# possible to setup a US bank account if you don't live in the US?



## T-BOT (Jul 24, 2006)

*Re: Moneybookers as a payment method....?*

curious!!!

is it possible to set up a business/bank account in the USA although you don't live there ?


----------



## kentphoto (Jan 16, 2006)

*Re: Moneybookers as a payment method....?*



T-BOT said:


> curious!!!
> 
> is it possible to set up a business/bank account in the USA although you don't live there ?

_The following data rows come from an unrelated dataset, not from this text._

-- ===== src/Discovery/Pair.antt =====
-- server/discovery.cpp: two brokers that hear each other's announcements.
use wisp.Prelude.{
  ℕ, ◌≤◌, ◌<◌, ◌≡◌, ◌≢◌, ◌⊎◌, sym, inl, inr, true, false, none, List, [], ◌∷◌, Bytes, bytes_eq,
  bytes_beq_iff, before, before_total, before_asymm, has_byte, arith, length,
}
use wisp.Prelude.Map.{lookup}
use wisp.Beacon.{Beacon, bar}
use wisp.Beacon.RoundTrip.{decode-encode}
use wisp.Discovery.{
  Discovery, PeerCall, dial, max_dialed_peers, address_of, meet, on_beacon, on_datagram, announce,
}

-- A broker whose beacons can be read.
pub record IsAnnouncing (d : Discovery) : Type 0 where
  pub cluster_plain : has_byte bar d.cluster ≡ false
  pub uuid_plain : has_byte bar d.self_uuid ≡ false
  pub router_low : 1 ≤ d.router_port
  pub router_high : d.router_port ≤ 65535
  pub tap_high : d.tap_port ≤ 65535

abbrev beacon_of : Discovery → Beacon
beacon_of d = record {
  cluster = d.cluster;
  uuid = d.self_uuid;
  router_port = d.router_port;
  tap_port = d.tap_port;
}

on_datagram-announce :
    (d e : Discovery) (ip : Bytes) (now : ℕ)
    → IsAnnouncing e
    → on_datagram d ip (announce e) now ≡ on_beacon d ip (beacon_of e) now
unfolding on_datagram announce
on_datagram-announce d e ip now v = rw (
  decode-encode e.cluster e.self_uuid e.router_port e.tap_port v.cluster_plain v.uuid_plain
      v.router_low v.router_high v.tap_high,
  on_datagram,
)

-- The calls that hearing another broker's announcement leads to.
pub heard_calls : Discovery → Discovery → Bytes → ℕ → List PeerCall
heard_calls d e ip now = (on_datagram d ip (announce e) now).1

-- The two have room for a peer, and neither knows the other yet.
pub record AreStrangers (d e : Discovery) : Type 0 where
  pub same_cluster : e.cluster ≡ d.cluster
  pub unknown : lookup e.self_uuid d.dialed ≡ none
  pub room : length d.dialed < max_dialed_peers

dials :
    (d e : Discovery) (ip : Bytes) (now : ℕ)
    → IsAnnouncing e
    → AreStrangers d e
    → before d.self_uuid e.self_uuid ≡ true
    → e.self_uuid ≢ d.self_uuid
    → heard_calls d e ip now ≡ dial e.self_uuid (address_of ip e.router_port) ∷ []
unfolding heard_calls on_beacon meet
dials d e ip now v s lt other =
    rw (on_datagram-announce d e ip now v, heard_calls)
      (ground (
        arith,
        bytes_beq_iff e.self_uuid d.self_uuid,
        bytes_beq_iff e.cluster d.cluster,
        s.same_cluster,
        s.unknown,
        s.room,
      ))

waits :
    (d e : Discovery) (ip : Bytes) (now : ℕ)
    → IsAnnouncing e
    → before d.self_uuid e.self_uuid ≡ false
    → heard_calls d e ip now ≡ []
unfolding heard_calls on_beacon
waits d e ip now v ge = rw (on_datagram-announce d e ip now v, heard_calls) (ground arith)

-- Two brokers of one cluster with different uuids, neither with the other or with 64 peers on its
-- roster, whose announcements can be read (no bar in the cluster's name or in the uuid, a router port
-- from 1 to 65535, a tap port of at most 65535), form one link when they hear each other: exactly one
-- of them dials, the other one's address.
pub one_side_dials :
    (d e : Discovery) (ip_d ip_e : Bytes) (now_d now_e : ℕ)
    → IsAnnouncing d
    → IsAnnouncing e
    → AreStrangers d e
    → AreStrangers e d
    → d.self_uuid ≢ e.self_uuid
    → (heard_calls d e ip_e now_d ≡ dial e.self_uuid (address_of ip_e e.router_port) ∷ [])
        × (heard_calls e d ip_d now_e ≡ [])
      ⊎ (heard_calls d e ip_e now_d ≡ [])
        × (heard_calls e d ip_d now_e ≡ dial d.self_uuid (address_of ip_d d.router_port) ∷ [])
one_side_dials d e ip_d ip_e now_d now_e vd ve sd se other =
    elim (before_total d.self_uuid e.self_uuid) [
      | inl lt ↦ inl (
        dials d e ip_e now_d ve sd lt (λ q. other (sym q)),
        waits e d ip_d now_e vd (before_asymm d.self_uuid e.self_uuid lt),
      )
      | inr (inl same) ↦ absurd (other same)
      | inr (inr gt) ↦ inr (
        waits d e ip_e now_d ve (before_asymm e.self_uuid d.self_uuid gt),
        dials e d ip_d now_e vd se gt other,
      )
    ]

I've had this same question. I wanted an account to transfer paypal to/from. My only solution was to have my sister in Nevada to set it up for me, but now my shopping cart has changed in my favor (payment gateway stuff), so I don't have to bother. 

Still curious too though,


----------



## Rodney (Nov 3, 2004)

Doing a bit of searching here and there, it doesn't look like there is an easy way to do it (unless you have a corporation in the US).


----------



## Jasonda (Aug 16, 2006)

The Royal Bank of Canada offers US bank accounts.

U.S. Banking for Canadians - RBC Royal Bank


----------



## monkeylantern (Oct 16, 2005)

Is the HSBC in the US? They're pretty international, and I know you can set up cross country accounts (such as UK-Australia-Hong Kong-China etc)


----------



## Robin (Aug 28, 2006)

yes HSBC is in the u.s.


----------